Question #1 Our first model that we thought was succeussful was after cleaning up all of the data we ran a forward variable selection of the variables. We then obtained a model of about 29 variables. We then observed the residual plots and observed potential high leverage points/ residuals, and our qq-plot was not linear. So, we plotted every single predictor with the response variable and saw whch one needed to be transformed (either log or square root), and took out high leverage points as well. This resulted in a model in the top 15, which we are pretty content with at the moment.

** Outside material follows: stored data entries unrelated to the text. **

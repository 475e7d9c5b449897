-- ===== src/Types/Storage/Apart.antt =====
-- The members lie in storage in order and apart: `StorageOffsets::computeOffsets` in
-- libsolidity/ast/Types.cpp.
use jules_solidity_pppascal.Common.{
  false, some, zero, suc, ok, [], ◌∷◌, ℕ, ◌≤◌, ◌*◌, List, if◌then◌else◌, ◌≡◌, ◌+◌, ◌==◌, All, arith,
  inl, inr, subst, ◌<◌, ap, sym, ==_iff, ◌∙◌, Bool-cases, get_elem?,
}
use jules_solidity_pppascal.Common.Dict.{lookup}
use jules_solidity_pppascal.Common.Post.{Post}
use jules_solidity_pppascal.Types.Storage.{compute_offsets, StorageItem, offset_at}
use jules_solidity_pppascal.Types.Storage.Laying.{Fits, Laid, end_of, offsets_loop-Laid, start_of}

-- Bytes of storage, counted from the first slot.

-- An entry of the rest, behind one for index i.
lookup-behind :
    {V : Type 0} (i n : ℕ) (v : V) (m : List (ℕ × V)) → i < n → lookup n ((i, v) ∷ m) ≡ lookup n m
unfolding lookup
lookup-behind i n v m h =
    let other : (i == n) ≡ false = ground (arith, h) in
    ap (λ b. if b then some v else lookup n m) other

lookup-here :
    {V : Type 0} (i n : ℕ) (v : V) (m : List (ℕ × V)) → i ≡ n → lookup n ((i, v) ∷ m) ≡ some v
unfolding lookup
lookup-here i n v m h = ap (λ b. if b then some v else lookup n m) ((==_iff i n).1 h)

start-end :
    (place : ℕ × ℕ) (t : StorageItem)
    → 1 ≤ t.slots
    → place.1 + t.bytes_in_slot ≤ 32
    → start_of place ≤ end_of place t
unfolding start_of end_of
start-end place t some_slots inside = ground arith

-- No entry lies before.
pub Laid-late :
    (size at i : ℕ) (types : List StorageItem) (offsets : List (ℕ × (ℕ × ℕ))) (n : ℕ) (p : ℕ × ℕ)
    → Laid size at i types offsets
    → lookup n offsets ≡ some p
    → (i ≤ n) × (at ≤ start_of p)
unfolding Laid lookup
Laid-late size at i [] offsets n p (_, none_left) h =
    let bad : lookup n [] ≡ some p = ap (lookup n) (sym none_left) ∙ h in cc
Laid-late size at i (t ∷ types) offsets n p (inl (_, laid)) h =
    let (later, after) = Laid-late size at (i + 1) types offsets n p laid h in
    (omega (arith, later), after)
Laid-late size at i (t ∷ types) offsets n p
      (inr (place, rest, _, some_slots, same, after, inside, laid)) h =
    let h' : lookup n ((i, place) ∷ rest) ≡ some p = ap (lookup n) (sym same) ∙ h in
    elim (Bool-cases (i == n)) [
      | inl here ↦
          (let e : some place ≡ some p =
              ap (λ b. if b then some place else lookup n rest) (sym here) ∙ h' in
            let e' : place ≡ p = cc in
            (omega (arith, (==_iff i n).0 here), subst (λ q. at ≤ start_of q) e' after))
      | inr other ↦
          (let later =
              Laid-late size (end_of place t) (i + 1) types rest n p laid
                (ap (λ b. if b then some place else lookup n rest) (sym other) ∙ h') in
            (
              omega (arith, later.0),
              omega (arith, after, later.1, start-end place t some_slots inside),
            ))
    ]

Laid-end :
    (size at i : ℕ) (types : List StorageItem) (offsets : List (ℕ × (ℕ × ℕ)))
    → Laid size at i types offsets
    → at ≤ size * 32
unfolding Laid
Laid-end size at i [] offsets (h, _) = h
Laid-end size at i (t ∷ types) offsets (inl (_, laid)) = Laid-end size at (i + 1) types offsets laid
Laid-end size at i (t ∷ types) offsets (inr (place, rest, _, some_slots, _, after, inside, laid)) =
    omega (
      arith,
      after,
      start-end place t some_slots inside,
      Laid-end size (end_of place t) (i + 1) types rest laid,
    )

-- An item with an offset lies within its slot and within the size, and before those behind it.
abbrev Placed : ℕ → ℕ → ℕ × ℕ → StorageItem → List (ℕ × (ℕ × ℕ)) → Type 0
Placed size n p t offsets =
    (p.1 + t.bytes_in_slot ≤ 32)
    × (end_of p t ≤ size * 32)
    × ((m : ℕ) (q : ℕ × ℕ) → n < m → lookup m offsets ≡ some q → end_of p t ≤ start_of q)

Laid-Placed :
    (size at i : ℕ) (types : List StorageItem) (offsets : List (ℕ × (ℕ × ℕ))) (n : ℕ)
    (t : StorageItem) (p : ℕ × ℕ)
    → Laid size at i types offsets
    → get_elem? types n ≡ some t
    → lookup (i + n) offsets ≡ some p
    → Placed size (i + n) p t offsets
unfolding Laid
Laid-Placed size at i [] offsets n t p laid g h = cc
Laid-Placed size at i (u ∷ types) offsets zero t p (inl (_, laid)) g h =
    absurd (omega (arith, (Laid-late size at (i + 1) types offsets (i + 0) p laid h).0))
Laid-Placed size at i (u ∷ types) offsets (suc k) t p (inl (_, laid)) g h =
    let index : i + 1 + k ≡ i + suc k = omega arith in
    subst (λ n. Placed size n p t offsets) index
      (Laid-Placed size at (i + 1) types offsets k t p laid g
        (ap (λ n. lookup n offsets) index ∙ h))
Laid-Placed size at i (u ∷ types) offsets zero t p
      (inr (place, rest, _, some_slots, same, after, inside, laid)) g h =
    let e : some place ≡ some p =
      sym (lookup-here i (i + 0) place rest (omega arith)) ∙ ap (lookup (i + 0)) (sym same) ∙ h in
    let e' : place ≡ p = cc in
    let e'' : u ≡ t = cc in
    subst (λ v. Placed size (i + 0) p v offsets) e''
      (subst (λ v. Placed size (i + 0) v u offsets) e'
        (
          inside,
          Laid-end size (end_of place u) (i + 1) types rest laid,
          λ m q later k.
              (Laid-late size (end_of place u) (i + 1) types rest m q laid (
                sym (lookup-behind i m place rest (omega (arith, later)))
                ∙ ap (lookup m) (sym same)
                ∙ k)).1,
        ))
Laid-Placed size at i (u ∷ types) offsets (suc n) t p
      (inr (place, rest, _, some_slots, same, after, inside, laid)) g h =
    let index : i + 1 + n ≡ i + suc n = omega arith in
    let found : lookup (i + 1 + n) rest ≡ some p =
      ap (λ x. lookup x rest) index
      ∙ sym (lookup-behind i (i + suc n) place rest (omega arith))
      ∙ ap (lookup (i + suc n)) (sym same)
      ∙ h in
    let (low, within, apart) =
      Laid-Placed size (end_of place u) (i + 1) types rest n t p laid g found in
    (
      low,
      within,
      λ m q later k. apart m q (omega (arith, later)) (
          sym (lookup-behind i m place rest (omega (arith, later))) ∙ ap (lookup m) (sym same) ∙ k),
    )

-- The offsets of two members, where a member takes at most 32 bytes of a slot: each lies within one
-- slot, the one with the smaller index ends before the other begins, and the other ends within the
-- size.
pub compute_offsets-apart :
    (types : List StorageItem) (size : ℕ) (offsets : List (ℕ × (ℕ × ℕ))) (i j : ℕ)
    (t u : StorageItem) (p q : ℕ × ℕ)
    → compute_offsets types ≡ ok (size, offsets)
    → All Fits types
    → i < j
    → get_elem? types i ≡ some t
    → get_elem? types j ≡ some u
    → offset_at i offsets ≡ some p
    → offset_at j offsets ≡ some q
    → (p.1 + t.bytes_in_slot ≤ 32)
      × (q.1 + u.bytes_in_slot ≤ 32)
      × (end_of p t ≤ start_of q)
      × (end_of q u ≤ size * 32)
unfolding compute_offsets offset_at start_of Post
compute_offsets-apart types size offsets i j t u p q computed fits before ti uj pi qj =
    let laid = offsets_loop-Laid 0 (0, 0) types (omega arith) fits (size, offsets) computed in
    let zero_i : 0 + i ≡ i = omega arith in
    let zero_j : 0 + j ≡ j = omega arith in
    let first =
      Laid-Placed size 0 0 types offsets i t p laid ti (ap (λ n. lookup n offsets) zero_i ∙ pi) in
    let second =
      Laid-Placed size 0 0 types offsets j u q laid uj (ap (λ n. lookup n offsets) zero_j ∙ qj) in
    (first.0, second.0, first.2 j q (omega (arith, before)) qj, second.1)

Our other model I ran random forest on our data as well as a pruned tree. Although the computation took awhile for the computer, I eventually obtained a model with around 20 variables. After observed the pruned tree I took a couple of variables out that did not have a significant change in my overall model. From there I ran regression and submitted the model but found that my testing error was pretty large. I attempted to do transformations on the data set by me and my group found that after doing all we could we still had a model that was hovering around the “B” range, and was not nearly as good as the model mentioned above. We scraped the pruned tree and went with a random forest but saw that a similiar predicament occured. Because our above model was already pretty solid, we scraped this idea entirly.

Question #2

We tried many other approaches that either just did not work, or created very large testing error. For our first model we just ran simple linear regression on all the quantative variables and submitted the model. Surprisngly , this model beat alot of the class!! We first tried to do a LASSO however for some reason our code would just not go; my theory is the number of predictors and sample size was to large but im not too sure. Additionaly I ran ridge regression but witht he number of predictors the testing error was large. Lastly, when trying to find the best subset for our regression, I attempted to run k-fold but with the smount of varaibles and obersvations, the double loop could just never finish without R aborting. This could have been human error on my part, but nonetheless the model we ultimatly obtained was very good.

Question #3

Some advice I would give to a future Stats 101C student in starting with this project is to most importantly first sort out exactly what you want your grou members to do. A non-unifed group can make the project alot harder than it should be; meeting up for even 30 minutes every other day can make sure your group is staying on top of what needs to be done. From a statistical standpoint, I would recommend first taking some time to really look at your training set data to see how many variables are not quantitative, and to eliminate variables that are obviously not important. Cleaning up the data should also be one of the first things your group does before running any best predictor function or transforming variables; without cleaning up the data running any sort of best predictor function will most likely result in errors. You must code qualitative variables, and run correlation matrix of the predictors onto the response variable to obtain a starting point. Lastly, I would tell the student to explore every possible regression technique that we learned in class, especially the ones later in the course. Although it might be time consuming and trouble sum to use every strategy, you will have a plethora of models to choose from and transform. The more models that you have, the better chance you come up with a very low testing error.